Hello all, and greetings. Philadelphia Stagehand Local 8 Brother Pete Mohan joining on to get some tips and share some experiences from a union shop in a union town. I'm the lead carpenter at the Walnut Street Theater's scene shop where we construct and fabricate 10 brand new productions a year with a crew of about 15.


----------



## gafftaper (Nov 15, 2008)

Welcome to the Booth Pete! I hope you'll find that this is a great place to help the next generation of technician's develop their craft. You'll also find a nice group of old pros who really know their stuff. If you hang out enough you'll be surprised at the tricks you can learn around here. Get to know the search function. Also check out the Wiki. We are working on building what is probably already the world's largest glossary of all things tech theater. I bet you'll find all kinds of things you could add to that list if you think about it. 

See you around the booth. Don't be shy, jump in and post!

Ohh... and that kid up there Charc... he's a good kid. I keep trying to talk him to come to Seattle to attend my community college... so I can teach him a few tricks and [-]work him into the ground for 2 years[/-] inspire him. He doesn't have much formal training but he's got the right attitude and a lot of desire. If you've got some free time and can offer him a tour of your space, connect him with a good theater to do volunteer work, or offer suggestions for finding an internship, you would not be wasting your time. 
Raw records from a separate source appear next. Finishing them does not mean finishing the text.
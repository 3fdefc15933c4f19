-- ===== src/Phones/Normal.antt =====
-- The normal form of a phone number (backend/app/core/input_validation.py).
use qiki.Base.{
  ℕ, zero, suc, true, false, ◌&&◌, some, List, [], ◌∷◌, ◌==◌, ◌≡◌, ◌≤◌, refl, subst, sym,
  Bool-cases, inl, inr, arith, length,
}
use qiki.Phones.{
  is_space, left_strip, right_strip, remove_separators, is_digit, digits_match, mobile_match,
  with_country, international, normalized, validate,
}

international_lem :
    (s w : List ℕ)
    → international s ≡ some w
    → (number : List ℕ) × (w ≡ with_country number) × (mobile_match number ≡ true)
unfolding international
international_lem [] w e = absurd (ground arith)
international_lem (a ∷ []) w e = absurd (ground arith)
international_lem (a ∷ b ∷ []) w e = absurd (ground arith)
international_lem (a ∷ b ∷ c ∷ s) w e = (s, ground arith, ground arith)

-- A text that the validator accepts comes back as +84 and a rest that the pattern accepts there: a
-- mobile digit, eight more digits, and the end, or a newline that is the end.
pub normalized_lem :
    (s w : List ℕ)
    → normalized s ≡ some w
    → (number : List ℕ) × (w ≡ with_country number) × (mobile_match number ≡ true)
unfolding normalized
normalized_lem [] w e = absurd (ground arith)
normalized_lem (a ∷ s) w e = elim (Bool-cases (a == 48 && mobile_match s)) [
  | inl national ↦ (s, ground arith, ground arith)
  | inr other ↦ international_lem (a ∷ s) w (ground arith)
]

digits_kept :
    (n : ℕ) (s : List ℕ)
    → digits_match n s ≡ true
    → (remove_separators s ≡ s) × (length s ≤ suc n) × (n ≤ length s)
unfolding digits_match remove_separators
digits_kept zero [] h = ground arith
digits_kept zero (c ∷ []) h = ground arith
digits_kept zero (c ∷ d ∷ s) h = absurd (ground arith)
digits_kept (suc n) [] h = absurd (ground arith)
digits_kept (suc n) (c ∷ s) h = ground (arith, digits_kept n s)

-- The two spellings of a number, with 0 and with +84, give the same result, an error included.
validate_spellings : (number : List ℕ) → validate (48 ∷ number) ≡ validate (with_country number)
unfolding validate normalized international left_strip right_strip remove_separators is_space
validate_spellings number = ground arith

digit_is_no_space : (c : ℕ) → is_digit c ≡ true → is_space c ≡ false
unfolding is_space
digit_is_no_space c h = ground arith

-- Digits to the end, without a newline, are not stripped.
digits_stripped : (n : ℕ) (s : List ℕ) → digits_match n s ≡ true → length s ≡ n → right_strip s ≡ s
unfolding digits_match right_strip
digits_stripped zero [] h e = refl
digits_stripped zero (c ∷ s) h e = absurd (ground arith)
digits_stripped (suc n) [] h e = refl
digits_stripped (suc n) (c ∷ s) h e = ground (arith, digit_is_no_space c, digits_stripped n s)

mobile_stripped :
    (s : List ℕ)
    → mobile_match s ≡ true
    → length s ≡ 9
    → (right_strip s ≡ s) × (remove_separators s ≡ s)
unfolding mobile_match right_strip remove_separators is_space
mobile_stripped [] h e = absurd (ground arith)
mobile_stripped (c ∷ s) h e = ground (arith, digits_stripped 8 s, digits_kept 8 s)

validate_fixed :
    (number : List ℕ)
    → mobile_match number ≡ true
    → length number ≡ 9
    → validate (with_country number) ≡ some (with_country number)
unfolding validate normalized international left_strip right_strip remove_separators is_space
validate_fixed number h e = ground (arith, mobile_stripped number h e)

-- Validating a result of twelve characters again gives it back, so the stored form is a fixed point.
pub validate_again :
    (value w : List ℕ) → validate value ≡ some w → length w ≡ 12 → validate w ≡ some w
unfolding validate
validate_again value w e twelve =
    let (number, shape, mobile) =
      normalized_lem (remove_separators (right_strip (left_strip value))) w e in
    subst (λ x. validate x ≡ some x) (sym shape)
      (validate_fixed number mobile (ground (arith, shape)))

mobile_length : (s : List ℕ) → mobile_match s ≡ true → (9 ≤ length s) × (length s ≤ 10)
unfolding mobile_match
mobile_length [] h = absurd (ground arith)
mobile_length (c ∷ s) h = ground (arith, digits_kept 8 s)

-- Every accepted number is stored as +84 and nine or ten characters, the first a mobile digit and
-- the next eight digits; the tenth can only be a newline.
pub validate_lem :
    (value w : List ℕ)
    → validate value ≡ some w
    → (number : List ℕ) × (w ≡ with_country number)
      × (mobile_match number ≡ true)
      × (9 ≤ length number)
      × (length number ≤ 10)
unfolding validate
validate_lem value w e =
    let (number, shape, mobile) =
      normalized_lem (remove_separators (right_strip (left_strip value))) w e in
    (
      number,
      shape,
      mobile,
      ground (arith, mobile_length number mobile),
      ground (arith, mobile_length number mobile),
    )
...and everyone around this website would be grateful to you for getting him a job and off the internet so often.


----------



## arik52 (Nov 16, 2008)

Welcome, Pete! I live right outside Philadelphia and I'm very heavily involved in high school theatre (currently only set design/construction, but hopefully other areas soon). At my school we have to spend a day shadowing someone in the workplace in December, and I was actually looking at the Walnut Street Theatre. I ended up arranging to shadow the TD at the Arden, but a friend of mine is shadowing someone at the Walnut in Properties, I believe. My old "coach" used to set design at Studio 5, though I'm pretty sure that's the studio that is rented out. If you ever have any internships available, let me know, I'd be ecstatic. Also, please do tell about your experiences with local 8, I've been curious about what it's actually like.


----------